ビジネス・教育・医療・法律の専門家、科学者、技術者、建築家、デザイナー、作家、芸術家、音楽家などのクリエイティビティを発揮することを求められている社会階層は3800万人で、アメリカの労働人口の30%以上を占める

・クリエイティブ・クラスが好む地域は、活気に満ちた都市部、豊富で快適な自然環境、郊外の快適な「ハイテク王国」が存在している

・クリエイティブな人は、人生全体の時間の使い方においても、前倒しの傾向。体力がピークである若い時期に、最も骨の折れる生産的でクリエイティブな仕事を集中させている

・クリエイティブな人は、ゆるやかなつながりや、半ば匿名のまま暮らせるコミュニティ、交友関係を好んでいる

・今日の工場労働者は、品質や継続的改善に対するアイデアなどの能力が重視されるようになり、仕事は明らかにクリエイティブな要素を持つようになってきた

・クリエイティビティへの投資であるアメリカ全体の研究開発費は、過去50年間で、年率800%を上回る伸び

・職業的な芸術家、作家、表現者などの「ボヘミアン」人口は、1950年から5倍近くに

・クリエイティブ・クラスは個性や自己表現を強く好む。組織や制度の命令に従うことを好まず、因習的な志向の規範を受け入れない

・非常にクリエイティブな人は、同級生とどこか異なっていると疎外感を感じながら成長した人が多い。また、流動性が高く、多様性を受け入れる都市へ移動する傾向がある

・クリエイティブ・クラスは、勤務時間は柔軟だが、長時間働く

・クリエイティブ・クラスにサイクリングが人気なのは、まとまった距離を走れば、激しい運動、挑戦、解放、探検、自然との対話が一度に行え、ペダルを漕ぐことに集中すれば、一定のリズムと流れに身を委ね、頭の中を空っぽにでき、思考と身体に新たな活力を湧かせることができるから

・おもしろいことはすべて周縁で起きる。

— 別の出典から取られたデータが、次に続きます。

-- ===== src/Approval/Rounding.antt =====
-- billing_approval.py: how far rounding to cents moves an amount, and a sum of amounts.
use openleg.Prelude.{ℕ, zero, suc, ◌+◌, ◌-◌, ◌*◌, ◌/◌, ◌≤◌, ◌≡◌, refl, arith}
use openleg.Prelude.Int.{
  ℤ, pos, pos_part, neg_part, eq_of_parts, negsuc, negate, ◌+ℤ◌, +ℤ_parts, -ℤ_parts, ◌-ℤ◌, abs_ℤ,
}
use openleg.Approval.Snapshots.{half_up, times}

-- The distance of two integers.
abbrev pub distance_ℤ : ℤ → ℤ → ℕ
distance_ℤ a b = abs_ℤ (a -ℤ b)

negate_parts : (k : ℕ) → (pos_part (negate k) ≡ 0) × (neg_part (negate k) ≡ k)
negate_parts zero = (refl, refl)
negate_parts (suc k) = (refl, refl)

times-negate : (k n : ℕ) → times (negate k) n ≡ negate (k * n)
times-negate zero n = ground arith
times-negate (suc k) n = refl

pub distance-pos : (a b : ℕ) → distance_ℤ (pos a) (pos b) ≡ (a - b) + (b - a)
unfolding ◌-ℤ◌
distance-pos a b = ground arith

distance-negate : (a b : ℕ) → distance_ℤ (negate a) (negate b) ≡ (a - b) + (b - a)
unfolding ◌-ℤ◌
distance-negate zero zero = refl
distance-negate zero (suc b) = ground arith
distance-negate (suc a) zero = ground arith
distance-negate (suc a) (suc b) = ground arith

nearest : (n : ℕ) → let k = (n + 5000) / 10000 * 10000 in 2 * ((k - n) + (n - k)) ≤ 10_000
nearest n = omega arith

-- Rounding moves an amount by at most half a cent.
pub half_up-near : (a : ℤ) → 2 * distance_ℤ (times (half_up a) 10_000) a ≤ 10_000
unfolding half_up
half_up-near (pos n) = ground (arith, distance-pos ((n + 5000) / 10000 * 10000) n, nearest n)
half_up-near (negsuc n) = ground (
  arith,
  times-negate ((suc n + 5000) / 10000) 10_000,
  distance-negate ((suc n + 5000) / 10000 * 10000) (suc n),
  nearest (suc n),
)

times_parts :
    (a : ℤ) (n : ℕ)
    → (pos_part (times a n) ≡ pos_part a * n) × (neg_part (times a n) ≡ neg_part a * n)
times_parts (pos m) n = (refl, omega arith)
times_parts (negsuc m) n = let parts = negate_parts (suc m * n) in (omega arith, parts.1)

pub times-add : (a b : ℤ) → times (a +ℤ b) 10_000 ≡ times a 10_000 +ℤ times b 10_000
times-add a b =
    let sum = times_parts (a +ℤ b) 10_000 in
    let left = times_parts a 10_000 in
    let right = times_parts b 10_000 in
    eq_of_parts (times (a +ℤ b) 10_000) (times a 10_000 +ℤ times b 10_000) (
      omega (
        arith,
        +ℤ_parts a b,
        +ℤ_parts (times a 10_000) (times b 10_000),
        sum.0,
        sum.1,
        left.0,
        left.1,
        right.0,
        right.1,
      ))

abs_parts : (a : ℤ) → abs_ℤ a ≡ (pos_part a - neg_part a) + (neg_part a - pos_part a)
abs_parts (pos n) = ground arith
abs_parts (negsuc n) = ground arith

pub distance-add : (a b c d : ℤ) → distance_ℤ (a +ℤ b) (c +ℤ d) ≤ distance_ℤ a c + distance_ℤ b d
distance-add a b c d = omega (
  arith,
  abs_parts (a +ℤ b -ℤ (c +ℤ d)),
  abs_parts (a -ℤ c),
  abs_parts (b -ℤ d),
  +ℤ_parts a b,
  +ℤ_parts c d,
  -ℤ_parts (a +ℤ b) (c +ℤ d),
  -ℤ_parts a c,
  -ℤ_parts b d,
)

ビジネス同様、文化においても急進的で興味深いものは、ガレージや小さな小屋の中で生まれる

・クリエイティブ・クラスは、高度にパッケージ化された商業施設を「ジェネリカ」と呼び、そうした場所を避ける傾向がある。チェーン展開しているレストラン、ナイトクラブ、過剰演出のスタジアムなどがジェネリカの代表例

・「どこに住み、何をしているか」の組み合わせが、「どこに勤めているか」に代わり、アイデンティティの主要な要素になっている

・強い絆は、時間とエネルギーを非常に消費する。弱い絆は、時間とエネルギーの投資が少なく済み、より多くの関係を持てる。新しい人々を素早く受け入れ、新しいアイデアを素早く吸収するクリエイティブな環境にとって、弱い絆は重要である

一流の研究大学の存在は、クリエイティブ経済において大きな強み。過去の運河、鉄道、高速道路以上に重要なものとして、競争優位を生み出す巨大な源泉になる

・クリエイティブな時代において、若い労働者は、子供がいないため、長時間、より熱心に働くことができ、よりリスクを追求できるため重要である。また結婚年齢が高くなり、独身期間も長く、結婚しない人たちも増えているため、彼らのニーズに合った環境を都市はつくりだす必要がある



以上、知識労働者の実態や影響は、日本においても同じような傾向になってきているように思います。もう一度、自分のライフスタイルに照らし合わせ、生活を見直すのもいいのではないでしょうか。難しい本ですが、将来のあるべき姿が見えてくる本です。